_To do_
In the records below, begin at the line that has "first-window s c i (suc n) = ground arith" and stop after the line that has "rest-window s c i zero"; quote those lines verbatim and nothing more.

_Extracted information_
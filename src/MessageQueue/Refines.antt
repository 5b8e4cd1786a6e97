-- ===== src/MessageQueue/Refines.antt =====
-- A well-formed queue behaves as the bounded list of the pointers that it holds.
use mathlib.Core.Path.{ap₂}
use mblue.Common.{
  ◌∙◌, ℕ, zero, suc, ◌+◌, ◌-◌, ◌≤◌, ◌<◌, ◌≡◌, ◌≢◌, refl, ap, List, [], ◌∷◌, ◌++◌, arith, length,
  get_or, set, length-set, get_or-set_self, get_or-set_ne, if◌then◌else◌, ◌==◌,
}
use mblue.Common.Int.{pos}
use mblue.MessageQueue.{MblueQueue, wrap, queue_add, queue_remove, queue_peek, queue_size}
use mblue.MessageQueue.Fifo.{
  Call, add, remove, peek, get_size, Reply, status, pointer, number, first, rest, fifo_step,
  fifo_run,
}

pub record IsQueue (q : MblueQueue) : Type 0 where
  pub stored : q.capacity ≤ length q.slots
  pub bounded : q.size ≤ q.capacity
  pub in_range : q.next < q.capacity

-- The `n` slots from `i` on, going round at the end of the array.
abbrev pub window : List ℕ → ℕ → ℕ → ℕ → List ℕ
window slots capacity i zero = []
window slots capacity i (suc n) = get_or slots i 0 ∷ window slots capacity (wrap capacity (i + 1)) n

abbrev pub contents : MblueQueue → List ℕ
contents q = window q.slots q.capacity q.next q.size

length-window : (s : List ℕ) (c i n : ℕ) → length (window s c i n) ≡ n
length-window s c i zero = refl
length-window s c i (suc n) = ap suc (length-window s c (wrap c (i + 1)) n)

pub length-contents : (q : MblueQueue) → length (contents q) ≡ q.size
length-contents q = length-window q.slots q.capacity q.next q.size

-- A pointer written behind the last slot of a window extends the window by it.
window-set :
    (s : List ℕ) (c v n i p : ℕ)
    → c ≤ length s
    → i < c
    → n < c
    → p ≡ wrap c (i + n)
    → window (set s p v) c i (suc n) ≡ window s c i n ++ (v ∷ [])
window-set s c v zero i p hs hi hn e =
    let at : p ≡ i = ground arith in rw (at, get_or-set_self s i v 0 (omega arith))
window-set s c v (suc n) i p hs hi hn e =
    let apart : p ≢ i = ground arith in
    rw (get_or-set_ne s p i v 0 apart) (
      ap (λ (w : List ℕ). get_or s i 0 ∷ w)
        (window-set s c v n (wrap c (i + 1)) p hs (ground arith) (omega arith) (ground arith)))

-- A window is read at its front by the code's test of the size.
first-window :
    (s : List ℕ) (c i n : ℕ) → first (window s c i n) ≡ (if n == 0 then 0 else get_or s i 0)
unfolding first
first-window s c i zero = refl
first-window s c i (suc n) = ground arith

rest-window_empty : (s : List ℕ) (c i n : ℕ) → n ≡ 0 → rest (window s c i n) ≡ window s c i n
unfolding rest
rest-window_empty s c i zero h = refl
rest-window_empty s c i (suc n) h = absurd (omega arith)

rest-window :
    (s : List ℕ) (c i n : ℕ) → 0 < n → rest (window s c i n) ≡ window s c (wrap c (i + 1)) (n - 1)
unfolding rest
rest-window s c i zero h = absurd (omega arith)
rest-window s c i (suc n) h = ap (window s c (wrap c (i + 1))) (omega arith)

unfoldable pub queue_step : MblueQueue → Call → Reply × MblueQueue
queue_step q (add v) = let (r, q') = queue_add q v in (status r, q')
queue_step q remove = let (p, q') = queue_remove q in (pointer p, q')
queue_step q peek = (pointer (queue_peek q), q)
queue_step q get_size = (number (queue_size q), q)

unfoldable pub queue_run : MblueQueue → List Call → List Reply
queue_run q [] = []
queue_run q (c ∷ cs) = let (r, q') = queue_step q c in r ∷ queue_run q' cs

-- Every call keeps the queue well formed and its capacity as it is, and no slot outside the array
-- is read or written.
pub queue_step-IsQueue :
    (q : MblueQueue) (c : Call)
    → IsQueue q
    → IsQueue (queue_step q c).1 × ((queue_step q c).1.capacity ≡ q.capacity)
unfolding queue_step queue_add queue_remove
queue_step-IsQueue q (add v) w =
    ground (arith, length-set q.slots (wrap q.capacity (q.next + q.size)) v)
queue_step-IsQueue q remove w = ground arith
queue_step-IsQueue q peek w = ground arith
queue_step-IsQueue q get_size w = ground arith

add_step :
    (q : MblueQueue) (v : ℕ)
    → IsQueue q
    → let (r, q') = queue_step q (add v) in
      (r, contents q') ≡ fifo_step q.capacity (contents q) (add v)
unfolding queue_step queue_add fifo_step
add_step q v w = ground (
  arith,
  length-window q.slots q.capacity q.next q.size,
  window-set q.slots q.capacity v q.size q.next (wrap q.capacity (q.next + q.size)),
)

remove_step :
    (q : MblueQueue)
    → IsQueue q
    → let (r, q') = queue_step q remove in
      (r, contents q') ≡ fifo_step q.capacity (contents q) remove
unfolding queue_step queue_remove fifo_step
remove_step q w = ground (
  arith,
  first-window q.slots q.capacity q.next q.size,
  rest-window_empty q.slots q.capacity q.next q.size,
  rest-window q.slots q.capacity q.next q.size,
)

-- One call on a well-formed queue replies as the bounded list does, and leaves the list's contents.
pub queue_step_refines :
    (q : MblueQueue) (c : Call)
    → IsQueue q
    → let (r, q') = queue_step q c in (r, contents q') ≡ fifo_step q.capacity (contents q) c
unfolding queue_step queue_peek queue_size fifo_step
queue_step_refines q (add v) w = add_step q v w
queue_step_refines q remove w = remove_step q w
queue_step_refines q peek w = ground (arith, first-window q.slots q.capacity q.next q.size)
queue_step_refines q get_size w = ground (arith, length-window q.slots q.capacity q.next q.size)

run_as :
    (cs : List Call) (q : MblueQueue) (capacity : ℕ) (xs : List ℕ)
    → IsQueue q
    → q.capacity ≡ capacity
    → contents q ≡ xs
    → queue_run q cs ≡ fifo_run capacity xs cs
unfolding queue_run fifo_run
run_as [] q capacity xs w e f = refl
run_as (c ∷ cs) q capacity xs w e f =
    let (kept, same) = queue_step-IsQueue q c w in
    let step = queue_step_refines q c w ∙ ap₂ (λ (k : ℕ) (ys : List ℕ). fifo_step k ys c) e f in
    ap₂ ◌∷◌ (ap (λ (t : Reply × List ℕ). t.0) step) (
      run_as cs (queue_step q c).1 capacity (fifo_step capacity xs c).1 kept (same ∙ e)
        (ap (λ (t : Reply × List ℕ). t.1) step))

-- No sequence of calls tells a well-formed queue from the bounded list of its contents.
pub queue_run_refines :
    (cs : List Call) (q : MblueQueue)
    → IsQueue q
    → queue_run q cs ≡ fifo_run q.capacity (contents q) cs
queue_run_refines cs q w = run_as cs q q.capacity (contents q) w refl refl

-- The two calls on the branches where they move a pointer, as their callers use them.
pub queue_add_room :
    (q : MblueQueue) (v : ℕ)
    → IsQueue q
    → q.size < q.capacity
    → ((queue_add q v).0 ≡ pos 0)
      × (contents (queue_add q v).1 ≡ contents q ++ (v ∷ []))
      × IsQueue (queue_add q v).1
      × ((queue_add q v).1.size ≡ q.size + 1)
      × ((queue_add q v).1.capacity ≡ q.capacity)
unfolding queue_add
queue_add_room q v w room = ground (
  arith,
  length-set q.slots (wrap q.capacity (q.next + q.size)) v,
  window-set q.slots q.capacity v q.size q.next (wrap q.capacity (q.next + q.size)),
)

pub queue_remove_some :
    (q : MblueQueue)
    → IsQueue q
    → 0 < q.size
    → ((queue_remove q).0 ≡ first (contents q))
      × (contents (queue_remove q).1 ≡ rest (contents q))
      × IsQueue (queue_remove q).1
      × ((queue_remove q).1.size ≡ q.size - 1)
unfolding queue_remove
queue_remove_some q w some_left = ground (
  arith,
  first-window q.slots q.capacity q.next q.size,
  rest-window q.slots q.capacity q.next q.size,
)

_Output for this exercise_
first-window s c i (suc n) = ground arith

rest-window_empty : (s : List ℕ) (c i n : ℕ) → n ≡ 0 → rest (window s c i n) ≡ window s c i n
unfolding rest
rest-window_empty s c i zero h = refl
rest-window_empty s c i (suc n) h = absurd (omega arith)

rest-window :
    (s : List ℕ) (c i n : ℕ) → 0 < n → rest (window s c i n) ≡ window s c (wrap c (i + 1)) (n - 1)
unfolding rest
rest-window s c i zero h = absurd (omega arith)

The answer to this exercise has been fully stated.